WHAT IS EXPECTED:
Go through the data and report each line that holds the string "Option".
+++ GIVEN ENTRIES
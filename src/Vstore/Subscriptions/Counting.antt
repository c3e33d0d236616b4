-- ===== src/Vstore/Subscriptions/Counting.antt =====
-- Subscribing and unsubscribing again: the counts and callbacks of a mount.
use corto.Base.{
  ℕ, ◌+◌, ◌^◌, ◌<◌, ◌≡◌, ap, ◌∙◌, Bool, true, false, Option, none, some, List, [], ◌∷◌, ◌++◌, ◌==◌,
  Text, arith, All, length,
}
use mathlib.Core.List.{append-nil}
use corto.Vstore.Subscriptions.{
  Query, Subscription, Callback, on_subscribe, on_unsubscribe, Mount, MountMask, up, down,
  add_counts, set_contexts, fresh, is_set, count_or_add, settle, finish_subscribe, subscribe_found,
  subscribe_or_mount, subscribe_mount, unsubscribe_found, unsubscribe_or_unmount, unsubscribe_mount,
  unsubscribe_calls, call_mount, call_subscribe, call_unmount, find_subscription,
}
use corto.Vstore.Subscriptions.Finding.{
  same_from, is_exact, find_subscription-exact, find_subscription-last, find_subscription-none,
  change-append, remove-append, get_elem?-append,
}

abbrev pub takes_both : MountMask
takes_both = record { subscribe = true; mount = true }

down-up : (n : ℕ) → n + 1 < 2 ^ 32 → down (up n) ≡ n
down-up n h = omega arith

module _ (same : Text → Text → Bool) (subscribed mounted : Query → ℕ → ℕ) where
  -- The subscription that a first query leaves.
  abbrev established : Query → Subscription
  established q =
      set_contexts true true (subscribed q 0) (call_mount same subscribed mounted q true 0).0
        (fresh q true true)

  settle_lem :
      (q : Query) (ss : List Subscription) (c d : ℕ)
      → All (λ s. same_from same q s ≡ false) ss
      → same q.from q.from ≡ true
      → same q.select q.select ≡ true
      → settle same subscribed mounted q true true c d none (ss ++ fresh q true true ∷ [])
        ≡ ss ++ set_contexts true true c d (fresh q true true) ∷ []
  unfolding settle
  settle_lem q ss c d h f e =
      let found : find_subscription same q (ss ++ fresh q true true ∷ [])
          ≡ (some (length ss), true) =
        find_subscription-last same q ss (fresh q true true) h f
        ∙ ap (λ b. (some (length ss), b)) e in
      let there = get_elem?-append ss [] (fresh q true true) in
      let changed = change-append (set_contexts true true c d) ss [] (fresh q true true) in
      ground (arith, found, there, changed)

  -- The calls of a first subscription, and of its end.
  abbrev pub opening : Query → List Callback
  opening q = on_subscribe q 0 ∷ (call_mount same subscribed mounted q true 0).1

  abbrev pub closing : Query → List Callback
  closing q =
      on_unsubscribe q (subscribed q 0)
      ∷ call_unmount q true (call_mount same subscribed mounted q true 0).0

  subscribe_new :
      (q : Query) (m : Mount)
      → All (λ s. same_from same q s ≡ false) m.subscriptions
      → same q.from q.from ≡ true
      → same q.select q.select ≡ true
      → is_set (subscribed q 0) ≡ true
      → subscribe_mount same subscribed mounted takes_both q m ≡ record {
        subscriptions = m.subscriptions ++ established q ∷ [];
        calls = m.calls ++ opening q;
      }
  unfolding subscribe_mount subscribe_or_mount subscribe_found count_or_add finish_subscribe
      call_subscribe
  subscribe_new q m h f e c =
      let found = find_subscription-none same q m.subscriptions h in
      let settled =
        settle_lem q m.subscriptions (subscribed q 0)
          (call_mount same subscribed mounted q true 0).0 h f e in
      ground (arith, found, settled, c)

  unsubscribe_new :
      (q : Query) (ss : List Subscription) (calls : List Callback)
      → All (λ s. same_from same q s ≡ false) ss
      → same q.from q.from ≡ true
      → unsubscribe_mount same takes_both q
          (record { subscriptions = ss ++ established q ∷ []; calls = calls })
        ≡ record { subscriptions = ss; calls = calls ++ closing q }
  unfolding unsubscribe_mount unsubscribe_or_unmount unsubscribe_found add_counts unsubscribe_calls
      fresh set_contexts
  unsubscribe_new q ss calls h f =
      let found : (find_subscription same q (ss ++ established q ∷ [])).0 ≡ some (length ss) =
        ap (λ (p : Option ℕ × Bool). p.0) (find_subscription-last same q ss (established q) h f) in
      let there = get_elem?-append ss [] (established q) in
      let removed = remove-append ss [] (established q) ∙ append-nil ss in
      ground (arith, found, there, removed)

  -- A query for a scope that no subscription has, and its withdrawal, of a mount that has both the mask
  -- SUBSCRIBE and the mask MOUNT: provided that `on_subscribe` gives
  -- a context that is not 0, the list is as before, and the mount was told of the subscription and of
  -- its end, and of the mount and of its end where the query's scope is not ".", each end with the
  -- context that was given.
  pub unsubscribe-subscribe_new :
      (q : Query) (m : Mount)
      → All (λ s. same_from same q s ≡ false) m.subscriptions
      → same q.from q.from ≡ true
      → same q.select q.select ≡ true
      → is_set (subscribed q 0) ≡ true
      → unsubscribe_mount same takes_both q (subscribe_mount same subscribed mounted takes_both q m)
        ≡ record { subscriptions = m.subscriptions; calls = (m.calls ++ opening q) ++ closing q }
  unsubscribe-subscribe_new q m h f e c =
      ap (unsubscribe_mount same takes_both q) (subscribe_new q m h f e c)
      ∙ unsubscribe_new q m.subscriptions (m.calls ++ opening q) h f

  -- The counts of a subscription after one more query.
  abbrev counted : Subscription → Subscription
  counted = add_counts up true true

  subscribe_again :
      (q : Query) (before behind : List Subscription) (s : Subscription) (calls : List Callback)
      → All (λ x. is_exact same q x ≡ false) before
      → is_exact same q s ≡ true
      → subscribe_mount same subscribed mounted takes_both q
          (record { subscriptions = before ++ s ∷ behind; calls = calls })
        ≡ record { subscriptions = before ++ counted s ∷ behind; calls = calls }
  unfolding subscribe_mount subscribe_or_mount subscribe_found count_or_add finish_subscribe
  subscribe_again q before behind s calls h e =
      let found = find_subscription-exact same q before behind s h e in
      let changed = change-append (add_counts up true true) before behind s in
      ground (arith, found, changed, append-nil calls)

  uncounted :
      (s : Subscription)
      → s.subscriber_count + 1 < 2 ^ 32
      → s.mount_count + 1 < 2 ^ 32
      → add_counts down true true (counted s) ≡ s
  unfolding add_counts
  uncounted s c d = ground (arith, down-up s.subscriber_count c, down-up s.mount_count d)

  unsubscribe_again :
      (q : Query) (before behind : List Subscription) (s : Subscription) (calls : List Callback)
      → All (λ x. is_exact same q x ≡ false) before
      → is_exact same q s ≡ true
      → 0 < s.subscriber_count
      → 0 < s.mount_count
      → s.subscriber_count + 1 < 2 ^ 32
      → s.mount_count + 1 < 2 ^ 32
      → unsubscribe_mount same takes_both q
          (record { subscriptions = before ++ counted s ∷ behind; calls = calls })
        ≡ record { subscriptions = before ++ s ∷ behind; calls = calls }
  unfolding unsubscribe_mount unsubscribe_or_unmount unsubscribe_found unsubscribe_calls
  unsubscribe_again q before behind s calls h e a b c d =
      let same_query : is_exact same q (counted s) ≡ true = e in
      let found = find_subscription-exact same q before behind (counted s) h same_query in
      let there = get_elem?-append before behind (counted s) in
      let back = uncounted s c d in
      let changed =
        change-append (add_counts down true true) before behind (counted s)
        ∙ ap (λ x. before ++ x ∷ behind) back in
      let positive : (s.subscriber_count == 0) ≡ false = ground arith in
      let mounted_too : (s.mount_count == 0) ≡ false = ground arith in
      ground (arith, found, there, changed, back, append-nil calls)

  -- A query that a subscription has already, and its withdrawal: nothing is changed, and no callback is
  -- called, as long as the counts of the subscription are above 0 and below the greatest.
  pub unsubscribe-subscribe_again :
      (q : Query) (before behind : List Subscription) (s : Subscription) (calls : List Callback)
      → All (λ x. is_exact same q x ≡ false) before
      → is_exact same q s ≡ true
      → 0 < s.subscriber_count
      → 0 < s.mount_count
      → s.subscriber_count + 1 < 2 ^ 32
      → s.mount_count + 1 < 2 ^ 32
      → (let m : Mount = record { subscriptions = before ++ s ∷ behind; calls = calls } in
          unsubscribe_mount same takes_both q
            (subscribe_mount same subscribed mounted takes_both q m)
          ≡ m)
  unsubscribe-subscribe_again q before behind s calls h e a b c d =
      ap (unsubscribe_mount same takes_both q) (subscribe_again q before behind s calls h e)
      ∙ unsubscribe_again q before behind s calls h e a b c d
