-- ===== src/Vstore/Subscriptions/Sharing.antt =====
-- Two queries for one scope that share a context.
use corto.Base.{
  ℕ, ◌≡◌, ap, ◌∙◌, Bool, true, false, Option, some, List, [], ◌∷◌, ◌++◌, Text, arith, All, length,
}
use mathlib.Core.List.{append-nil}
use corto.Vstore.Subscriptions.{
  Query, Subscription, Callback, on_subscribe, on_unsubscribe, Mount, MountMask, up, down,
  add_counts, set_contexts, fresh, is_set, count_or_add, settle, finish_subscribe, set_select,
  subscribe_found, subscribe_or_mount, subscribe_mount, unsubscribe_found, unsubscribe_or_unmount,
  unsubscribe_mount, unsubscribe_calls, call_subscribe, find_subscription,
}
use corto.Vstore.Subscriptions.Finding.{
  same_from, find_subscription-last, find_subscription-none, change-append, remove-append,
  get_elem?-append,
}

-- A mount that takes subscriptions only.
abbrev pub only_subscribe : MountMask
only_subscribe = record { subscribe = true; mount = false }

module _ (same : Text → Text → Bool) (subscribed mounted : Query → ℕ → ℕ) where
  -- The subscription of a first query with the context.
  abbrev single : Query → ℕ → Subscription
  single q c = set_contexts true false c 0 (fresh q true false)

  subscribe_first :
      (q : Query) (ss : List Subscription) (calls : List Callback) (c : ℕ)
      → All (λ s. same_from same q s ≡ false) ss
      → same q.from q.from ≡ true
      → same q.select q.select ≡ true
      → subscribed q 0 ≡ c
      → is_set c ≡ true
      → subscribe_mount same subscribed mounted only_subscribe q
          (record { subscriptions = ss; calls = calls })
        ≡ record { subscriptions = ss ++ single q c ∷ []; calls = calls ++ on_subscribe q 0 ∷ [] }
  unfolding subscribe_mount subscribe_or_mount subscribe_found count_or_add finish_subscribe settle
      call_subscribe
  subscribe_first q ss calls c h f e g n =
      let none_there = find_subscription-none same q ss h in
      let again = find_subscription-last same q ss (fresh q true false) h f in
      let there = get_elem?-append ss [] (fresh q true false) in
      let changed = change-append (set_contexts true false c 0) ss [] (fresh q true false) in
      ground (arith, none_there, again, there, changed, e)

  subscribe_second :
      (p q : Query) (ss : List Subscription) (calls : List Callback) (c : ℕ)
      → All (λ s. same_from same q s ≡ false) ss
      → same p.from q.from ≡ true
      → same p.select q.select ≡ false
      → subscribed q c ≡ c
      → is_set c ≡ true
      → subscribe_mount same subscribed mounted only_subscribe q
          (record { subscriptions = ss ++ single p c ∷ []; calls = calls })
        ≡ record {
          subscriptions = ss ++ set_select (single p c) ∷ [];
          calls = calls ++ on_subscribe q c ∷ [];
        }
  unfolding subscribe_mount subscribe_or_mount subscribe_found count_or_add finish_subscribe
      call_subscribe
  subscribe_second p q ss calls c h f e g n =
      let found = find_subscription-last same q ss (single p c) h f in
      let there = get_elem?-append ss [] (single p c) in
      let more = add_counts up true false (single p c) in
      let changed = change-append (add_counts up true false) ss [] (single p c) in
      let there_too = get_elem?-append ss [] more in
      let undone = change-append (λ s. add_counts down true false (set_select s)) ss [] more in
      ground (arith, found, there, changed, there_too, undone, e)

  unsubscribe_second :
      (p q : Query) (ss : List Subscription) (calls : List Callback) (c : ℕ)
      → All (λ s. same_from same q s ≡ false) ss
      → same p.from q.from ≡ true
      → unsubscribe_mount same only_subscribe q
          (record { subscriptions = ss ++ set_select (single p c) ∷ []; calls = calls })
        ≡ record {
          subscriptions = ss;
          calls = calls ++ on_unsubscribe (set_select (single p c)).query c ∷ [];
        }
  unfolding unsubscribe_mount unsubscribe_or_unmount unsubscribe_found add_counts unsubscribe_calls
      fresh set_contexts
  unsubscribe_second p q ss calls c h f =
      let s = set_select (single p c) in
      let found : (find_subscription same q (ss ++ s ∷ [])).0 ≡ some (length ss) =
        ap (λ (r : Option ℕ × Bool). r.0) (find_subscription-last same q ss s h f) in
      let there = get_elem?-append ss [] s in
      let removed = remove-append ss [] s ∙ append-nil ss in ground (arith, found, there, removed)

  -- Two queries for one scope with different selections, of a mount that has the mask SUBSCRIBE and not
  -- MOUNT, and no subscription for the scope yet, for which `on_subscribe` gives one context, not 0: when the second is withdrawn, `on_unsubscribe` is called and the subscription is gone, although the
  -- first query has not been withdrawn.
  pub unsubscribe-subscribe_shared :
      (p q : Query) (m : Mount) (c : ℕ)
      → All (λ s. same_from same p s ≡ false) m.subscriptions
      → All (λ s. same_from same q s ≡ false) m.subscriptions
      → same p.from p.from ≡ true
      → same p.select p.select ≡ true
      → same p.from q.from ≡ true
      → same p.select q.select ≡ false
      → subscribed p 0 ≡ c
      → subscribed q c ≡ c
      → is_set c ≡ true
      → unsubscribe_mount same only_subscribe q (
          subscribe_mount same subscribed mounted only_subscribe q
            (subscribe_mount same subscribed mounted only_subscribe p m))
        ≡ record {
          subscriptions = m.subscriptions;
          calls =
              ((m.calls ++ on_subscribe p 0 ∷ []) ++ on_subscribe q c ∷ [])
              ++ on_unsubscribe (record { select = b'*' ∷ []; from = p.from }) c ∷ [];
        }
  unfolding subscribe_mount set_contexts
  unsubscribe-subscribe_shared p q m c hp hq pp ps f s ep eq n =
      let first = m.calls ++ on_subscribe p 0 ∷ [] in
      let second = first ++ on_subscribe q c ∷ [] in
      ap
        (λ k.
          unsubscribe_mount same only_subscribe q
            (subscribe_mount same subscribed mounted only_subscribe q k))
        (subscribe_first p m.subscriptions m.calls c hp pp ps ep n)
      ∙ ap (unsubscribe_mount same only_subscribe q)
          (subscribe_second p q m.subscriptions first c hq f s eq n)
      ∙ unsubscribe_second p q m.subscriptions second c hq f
++++++
REPLY:
  ℕ, ◌+◌, ◌^◌, ◌<◌, ◌≡◌, ap, ◌∙◌, Bool, true, false, Option, none, some, List, [], ◌∷◌, ◌++◌, ◌==◌,
        ap (λ (p : Option ℕ × Bool). p.0) (find_subscription-last same q ss (established q) h f) in
  ℕ, ◌≡◌, ap, ◌∙◌, Bool, true, false, Option, some, List, [], ◌∷◌, ◌++◌, Text, arith, All, length,
        ap (λ (r : Option ℕ × Bool). r.0) (find_subscription-last same q ss s h f) in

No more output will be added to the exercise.